With Meg Leta Jones, Assistant Professor of Communications, Culture and Technology at Georgetown University and Author of the Book Ctrl + Z: The Right to be Forgotten.
And Monique Morris, social justice scholar and author of the book Black Stats: African Americans by the Numbers in the Twenty-First Century. Her new book is called Pushout: The Criminalization of Black Girls in Schools.
Amid the widespread spin and skewed analysis that is commonplace to media and politics alike, the need for less filtered information and more raw facts seems more pressing than ever. Black Stats, a compact and useful guide, skips over the assumptions, suppositions, and hypotheses about trends and patterns in our society and offers up-to-date figures on black life in the United States today.
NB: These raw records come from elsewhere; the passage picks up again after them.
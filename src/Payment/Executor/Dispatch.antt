-- ===== src/Payment/Executor/Dispatch.antt =====
-- `acquire_provider_create_fence` and `dispatch_create`
-- (services/payment_executor/executor.py). The commit of the fence gives up the row lock: what other
-- transactions do to the intent before it is locked again is the argument `others`.
use pactra.Base.{
  ⊤, Moment, Bool, true, false, not, ◌&&◌, ◌||◌, some, is_none, is_some, if◌then◌else◌,
}
use pactra.Domain.{Failure}
use pactra.Action.{Action, pure, gets, raise_if, ◌>>=◌, ◌>>◌}
use pactra.Kernel.Capability.{CapabilitySet, Capability, enforce_registered}
use pactra.Kernel.Transaction.{Crypto}
use pactra.Payment.State.{queued, provider_pending, state_eq, is_terminal}
use pactra.Payment.Rows.{PaymentIntentRow, PaymentProvider}
use pactra.Payment.Executor.Session.{
  Session, DispatchResult, update_intent, enqueue_reconciliation, complete_event,
  validate_provider_route, verify_intent_authorization,
}
use pactra.Payment.Executor.Uncertain.{requeue_retryable}
use pactra.Payment.Executor.Create.{search_and_create}
use pactra.Payment.Executor.Recover.{recover_fenced_create}

-- The compare-and-set on the row, and whether it won.
abbrev pub fence_open : PaymentIntentRow → Bool
fence_open intent = state_eq intent.state queued && is_none intent.provider_create_fenced_at

unfoldable pub acquire_provider_create_fence : Moment → Action Session Bool
acquire_provider_create_fence now = do
  intent ← gets (λ s. s.intent)
  update_intent (λ i. if fence_open i then record i { provider_create_fenced_at = some now } else i)
  pure (fence_open intent)

-- The rest of a dispatch after the fence was committed and the row locked again.
unfoldable pub behind_fence :
    Crypto → PaymentProvider → Bool → Moment → Action Session DispatchResult
behind_fence c provider fence_acquired now = do
  validate_provider_route provider
  intent ← gets (λ s. s.intent)
  raise_if (is_none intent.provider_create_fenced_at) Failure.runtime_error
  if not fence_acquired || not (state_eq intent.state queued)
      then recover_fenced_create c provider now
      else (do verify_intent_authorization c now; search_and_create c provider now)

-- What precedes the fence: a retryable intent is queued again, anything else but a queued one is
-- illegal, and the authorization is verified.
unfoldable pub prepare_create : Crypto → Moment → Action Session ⊤
prepare_create c now = do
  requeue_retryable
  intent ← gets (λ s. s.intent)
  raise_if (not (state_eq intent.state queued)) Failure.illegal_transition
  verify_intent_authorization c now

unfoldable pub relock : (PaymentIntentRow → PaymentIntentRow) → Action Session ⊤
relock others = update_intent others

abbrev pub must_recover : PaymentProvider → PaymentIntentRow → Bool
must_recover provider intent =
    not provider.create_retries_are_idempotent && is_some intent.provider_create_fenced_at

unfoldable pub already_terminal : Moment → Action Session DispatchResult
already_terminal now = do
  intent ← gets (λ s. s.intent)
  complete_event now
  pure (record { state = intent.state; provider_called = false; retry_scheduled = false })

unfoldable pub already_pending : Moment → Action Session DispatchResult
already_pending now = do
  enqueue_reconciliation now
  complete_event now
  pure (record { state = provider_pending; provider_called = false; retry_scheduled = true })

-- How the part of a dispatch before the commit of the fence ends: with a result, or with the fence
-- committed and whether this call acquired it.
pub data Opening : Type 0 where
  finished : DispatchResult → Opening
  committed : Bool → Opening

-- `create_retries_are_idempotent` needs no fence.
unfoldable pub start_create : Crypto → PaymentProvider → Moment → Action Session Opening
start_create c provider now = do
  prepare_create c now
  if provider.create_retries_are_idempotent
      then (search_and_create c provider now >>= λ r. pure (finished r))
      else (acquire_provider_create_fence now >>= λ acquired. pure (committed acquired))

-- The early returns of a dispatch, in their order.
unfoldable pub choose_path :
    Crypto → PaymentProvider → Moment → PaymentIntentRow → Action Session Opening
choose_path c provider now intent =
    if is_terminal intent.state
    then (already_terminal now >>= λ r. pure (finished r))
    else if must_recover provider intent
    then (recover_fenced_create c provider now >>= λ r. pure (finished r))
    else if state_eq intent.state provider_pending
    then (already_pending now >>= λ r. pure (finished r))
    else start_create c provider now

-- `dispatch_create` up to the commit of the fence.
unfoldable pub open_dispatch :
    Crypto → PaymentProvider → CapabilitySet → Moment → Action Session Opening
open_dispatch c provider capabilities now = do
  enforce_registered capabilities Capability.payment_execute
  validate_provider_route provider
  intent ← gets (λ s. s.intent)
  choose_path c provider now intent

unfoldable pub close_dispatch :
    Crypto
    → PaymentProvider
    → (PaymentIntentRow → PaymentIntentRow)
    → Moment
    → Opening
    → Action Session DispatchResult
close_dispatch c provider others now (finished result) = pure result
close_dispatch c provider others now (committed acquired) = do
  relock others
  behind_fence c provider acquired now

unfoldable pub dispatch_create :
    Crypto
    → PaymentProvider
    → CapabilitySet
    → (PaymentIntentRow → PaymentIntentRow)
    → Moment
    → Action Session DispatchResult
dispatch_create c provider capabilities others now = do
  opening ← open_dispatch c provider capabilities now
  close_dispatch c provider others now opening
Author and advocate Monique W. Morris has compiled statistics from a broad spectrum of telling categories that illustrate the quality of life and the possibility of (and barriers to) advancement for a group at the heart of American society. With fascinating information on everything from disease trends, incarceration rates, and lending practices to voting habits, green jobs, and educational achievement, the material in this book will enrich and inform a range of public debates while challenging commonly held yet often misguided perceptions.
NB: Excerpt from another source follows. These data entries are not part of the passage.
-- ===== src/Payment/Executor/Fence.antt =====
-- The one-way create fence inside one dispatch.
use pactra.Base.{
  Moment, ◌≡◌, refl, inl, inr, Bool, true, false, none, some, arith, if◌then◌else◌, Bool-cases,
  Option-cases,
}
use pactra.Action.{ok, Action, pure, ◌>>=◌, >>=-ok}
use pactra.Action.Follows.{Follows, Follows-bind, Follows-if}
use pactra.Kernel.Capability.{CapabilitySet, Capability, enforce_registered}
use pactra.Kernel.Transaction.{Crypto}
use pactra.Payment.State.{provider_pending, state_eq, is_terminal}
use pactra.Payment.State.Reach.{here}
use pactra.Payment.Rows.{PaymentIntentRow, PaymentProvider}
use pactra.Payment.Executor.Session.{Session, DispatchResult, update_intent}
use pactra.Payment.Executor.Recover.{recover_fenced_create}
use pactra.Payment.Executor.Dispatch.{
  fence_open, acquire_provider_create_fence, behind_fence, prepare_create, must_recover,
  already_terminal, already_pending, Opening, finished, committed, start_create, choose_path,
  open_dispatch, relock, close_dispatch, dispatch_create,
}
use pactra.Payment.Executor.Moves.{
  RowMoves, RowMoves-refl, Keeps, Keeps-IsPreorder, update_intent-Keeps,
}
use pactra.Payment.Executor.Keeping.{
  keeps_rules, verify_intent_authorization-Keeps, validate_provider_route-Keeps,
}
use pactra.Payment.Executor.Recovering.{requeue_retryable-Keeps, recover_fenced_create-Keeps}
use pactra.Payment.Executor.Creating.{Spends, Keeps-Spends, Spends-after, search_and_create-Spends}

fence_moves :
    (now : Moment) (i : PaymentIntentRow)
    → RowMoves i (if fence_open i then record i { provider_create_fenced_at = some now } else i)
fence_moves now i = elim (Bool-cases (fence_open i)) [
  | inl open_now ↦ rw open_now (record {
    same = refl;
    path = here;
    fence = λ a e. absurd (ground arith);
    ambiguity = λ a e. e;
    linked = λ k e. e;
  })
  | inr shut ↦ rw shut (RowMoves-refl i)
]

acquire-Keeps : (now : Moment) → Follows Keeps (acquire_provider_create_fence now)
unfolding acquire_provider_create_fence
acquire-Keeps now = search (keeps_rules, update_intent-Keeps, fence_moves) depth 8

prepare_create-Keeps : (c : Crypto) (now : Moment) → Follows Keeps (prepare_create c now)
unfolding prepare_create
prepare_create-Keeps c now =
    search (keeps_rules, requeue_retryable-Keeps, verify_intent_authorization-Keeps) depth 10

pub enforce-Keeps :
    (caps : CapabilitySet) (k : Capability) → Follows Keeps (enforce_registered caps k)
unfolding enforce_registered
enforce-Keeps caps k = search keeps_rules

pub already_terminal-Keeps : (now : Moment) → Follows Keeps (already_terminal now)
unfolding already_terminal
already_terminal-Keeps now = search keeps_rules depth 8

already_pending-Keeps : (now : Moment) → Follows Keeps (already_pending now)
unfolding already_pending
already_pending-Keeps now = search keeps_rules depth 8

module _ (c : Crypto) (p : PaymentProvider) (now : Moment) where
  -- A dispatch that did not acquire the fence goes on, whatever the provider answers, without
  -- creating a payment: it moves the intent along permitted transitions only, and never clears
  -- the fence, the ambiguity or the provider's reference, nor changes what is to be paid.
  pub behind_fence-loser : Follows Keeps (behind_fence c p false now)
  unfolding behind_fence
  behind_fence-loser =
      search (keeps_rules, validate_provider_route-Keeps, recover_fenced_create-Keeps) depth 10

  -- The one that did creates at most once.
  pub behind_fence-winner : Follows Spends (behind_fence c p true now)
  unfolding behind_fence
  behind_fence-winner = Spends-after _ _ (validate_provider_route-Keeps p) λ _.
      Spends-after _ _ (search keeps_rules) λ i. Spends-after _ _ (search keeps_rules) λ _.
        Follows-if _ _ _ (Keeps-Spends _ (recover_fenced_create-Keeps c p now)) (
          Spends-after _ _ (verify_intent_authorization-Keeps c now)
            λ _. search_and_create-Spends c p now)

  module _ (caps : CapabilitySet) (fenced : p.create_retries_are_idempotent ≡ false) where
    start_create-Keeps : Follows Keeps (start_create c p now)
    unfolding start_create
    start_create-Keeps =
        Follows-bind Keeps-IsPreorder _ _ (prepare_create-Keeps c now)
          λ _. rw fenced (search (keeps_rules, acquire-Keeps) depth 8)

    choose_path-Keeps : (i : PaymentIntentRow) → Follows Keeps (choose_path c p now i)
    unfolding choose_path
    choose_path-Keeps i =
        search
          (
            keeps_rules, already_terminal-Keeps, already_pending-Keeps, recover_fenced_create-Keeps,
            start_create-Keeps,
          )
          depth 14

    -- Up to the commit of the fence, a dispatch to a provider without idempotent creates creates
    -- nothing.
    pub open_dispatch-Keeps : Follows Keeps (open_dispatch c p caps now)
    unfolding open_dispatch
    open_dispatch-Keeps =
        search (keeps_rules, enforce-Keeps, validate_provider_route-Keeps, choose_path-Keeps) depth
          14

  -- What it takes to acquire the fence: it was free, and it is taken.
  abbrev pub Acquires : Session → Session → Type 0
  Acquires s t =
      (s.intent.provider_create_fenced_at ≡ none) × (t.intent.provider_create_fenced_at ≡ some now)

  -- A fence that is free after an action was free before it.
  free_before :
      (i j : PaymentIntentRow)
      → RowMoves i j
      → j.provider_create_fenced_at ≡ none
      → i.provider_create_fenced_at ≡ none
  free_before i j m h = elim (Option-cases i.provider_create_fenced_at) [
    | inl free ↦ free
    | inr (at, taken) ↦ cc (m.fence at taken)
  ]

  abbrev acquire_tail : Action Session Opening
  acquire_tail = acquire_provider_create_fence now >>= λ acquired. pure (committed acquired)

  acquire-Acquires :
      (s : Session) → (acquire_tail s).0 ≡ ok (committed true) → Acquires s (acquire_tail s).1
  unfolding acquire_provider_create_fence ◌>>=◌ update_intent
  acquire-Acquires s h = ground arith

  -- An action that keeps to `Keeps` comes before.
  Acquires-bind :
      {A : Type 0} (m : Action Session A) (f : A → Action Session Opening)
      → Follows Keeps m
      → ((a : A) (t : Session) → (f a t).0 ≡ ok (committed true) → Acquires t (f a t).1)
      → (s : Session) → ((m >>= f) s).0 ≡ ok (committed true)
      → Acquires s ((m >>= f) s).1
  Acquires-bind m f k rest s h =
      let (a, returned, step) = >>=-ok m f s h in
      let t = (m s).1 in
      let acquired = rest a t (rw step at h) in
      rw step (free_before s.intent t.intent (k.at s).moves acquired.0, acquired.1)

  -- What is finished has acquired nothing.
  finished-not_committed :
      (m : Action Session DispatchResult) (s : Session) (b : Bool)
      → ((m >>= λ r. pure (finished r)) s).0 ≡ ok (committed b)
      → ⊥
  unfolding ◌>>=◌
  finished-not_committed m s b h = ground arith

  module _ (caps : CapabilitySet) (fenced : p.create_retries_are_idempotent ≡ false) where
    start_create-Acquires :
        (s : Session)
        → (start_create c p now s).0 ≡ ok (committed true)
        → Acquires s (start_create c p now s).1
    unfolding start_create
    start_create-Acquires =
        Acquires-bind _ _ (prepare_create-Keeps c now) λ _ t. rw fenced (acquire-Acquires t)

    choose_path-Acquires :
        (i : PaymentIntentRow) (s : Session)
        → (choose_path c p now i s).0 ≡ ok (committed true)
        → Acquires s (choose_path c p now i s).1
    unfolding choose_path
    choose_path-Acquires i s h = elim (Bool-cases (is_terminal i.state)) [
      | inl t ↦ absurd (finished-not_committed (already_terminal now) s true (rw t at h))
      | inr t ↦ elim (Bool-cases (must_recover p i)) [
        | inl r ↦
            absurd (finished-not_committed (recover_fenced_create c p now) s true (rw (t, r) at h))
        | inr r ↦ elim (Bool-cases (state_eq i.state provider_pending)) [
          | inl q ↦ absurd (finished-not_committed (already_pending now) s true (rw (t, r, q) at h))
          | inr q ↦ rw (t, r, q) (start_create-Acquires s (rw (t, r, q) at h))
        ]
      ]
    ]

    -- With a provider whose creates are not idempotent, a dispatch that goes on past the commit
    -- as the holder of the fence found it free, and has taken it at this instant.
    pub open_dispatch-Acquires :
        (s : Session)
        → (open_dispatch c p caps now s).0 ≡ ok (committed true)
        → Acquires s (open_dispatch c p caps now s).1
    unfolding open_dispatch
    open_dispatch-Acquires = Acquires-bind _ _ (enforce-Keeps caps _) λ _.
        Acquires-bind _ _ (validate_provider_route-Keeps p)
          λ _. Acquires-bind _ _ (search keeps_rules) choose_path-Acquires

    close_dispatch-Spends :
        (others : PaymentIntentRow → PaymentIntentRow)
        → ((i : PaymentIntentRow) → RowMoves i (others i))
        → (opening : Opening) → Follows Spends (close_dispatch c p others now opening)
    unfolding close_dispatch relock
    close_dispatch-Spends others legal (finished r) = Keeps-Spends _ (search keeps_rules)
    close_dispatch-Spends others legal (committed true) =
        Spends-after _ _ (update_intent-Keeps others legal) λ _. behind_fence-winner
    close_dispatch-Spends others legal (committed false) =
        Spends-after _ _ (update_intent-Keeps others legal) λ _. Keeps-Spends _ behind_fence-loser

    -- A whole dispatch to a provider whose creates are not idempotent, whatever other
    -- transactions do to the intent between its two halves as long as they move it as RowMoves
    -- allows: it creates at most one payment, moves the intent along permitted transitions only,
    -- and never clears the fence, the ambiguity or the provider's reference, nor changes what is
    -- to be paid.
    pub dispatch_create-Spends :
        (others : PaymentIntentRow → PaymentIntentRow)
        → ((i : PaymentIntentRow) → RowMoves i (others i))
        → Follows Spends (dispatch_create c p caps others now)
    unfolding dispatch_create
    dispatch_create-Spends others legal =
        Spends-after _ _ (open_dispatch-Keeps caps fenced) (close_dispatch-Spends others legal)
Black Stats simultaneously highlights measures of incredible progress, conveys the disparate impacts of social policies and practices, and surprises with revelations that span subjects including the entertainment industry, military service, and marriage trends. A critical tool for advocates, educators, and policy makers, Black Stats is?an affordable guidebook for anyone seeking to understand the complex state of our nation.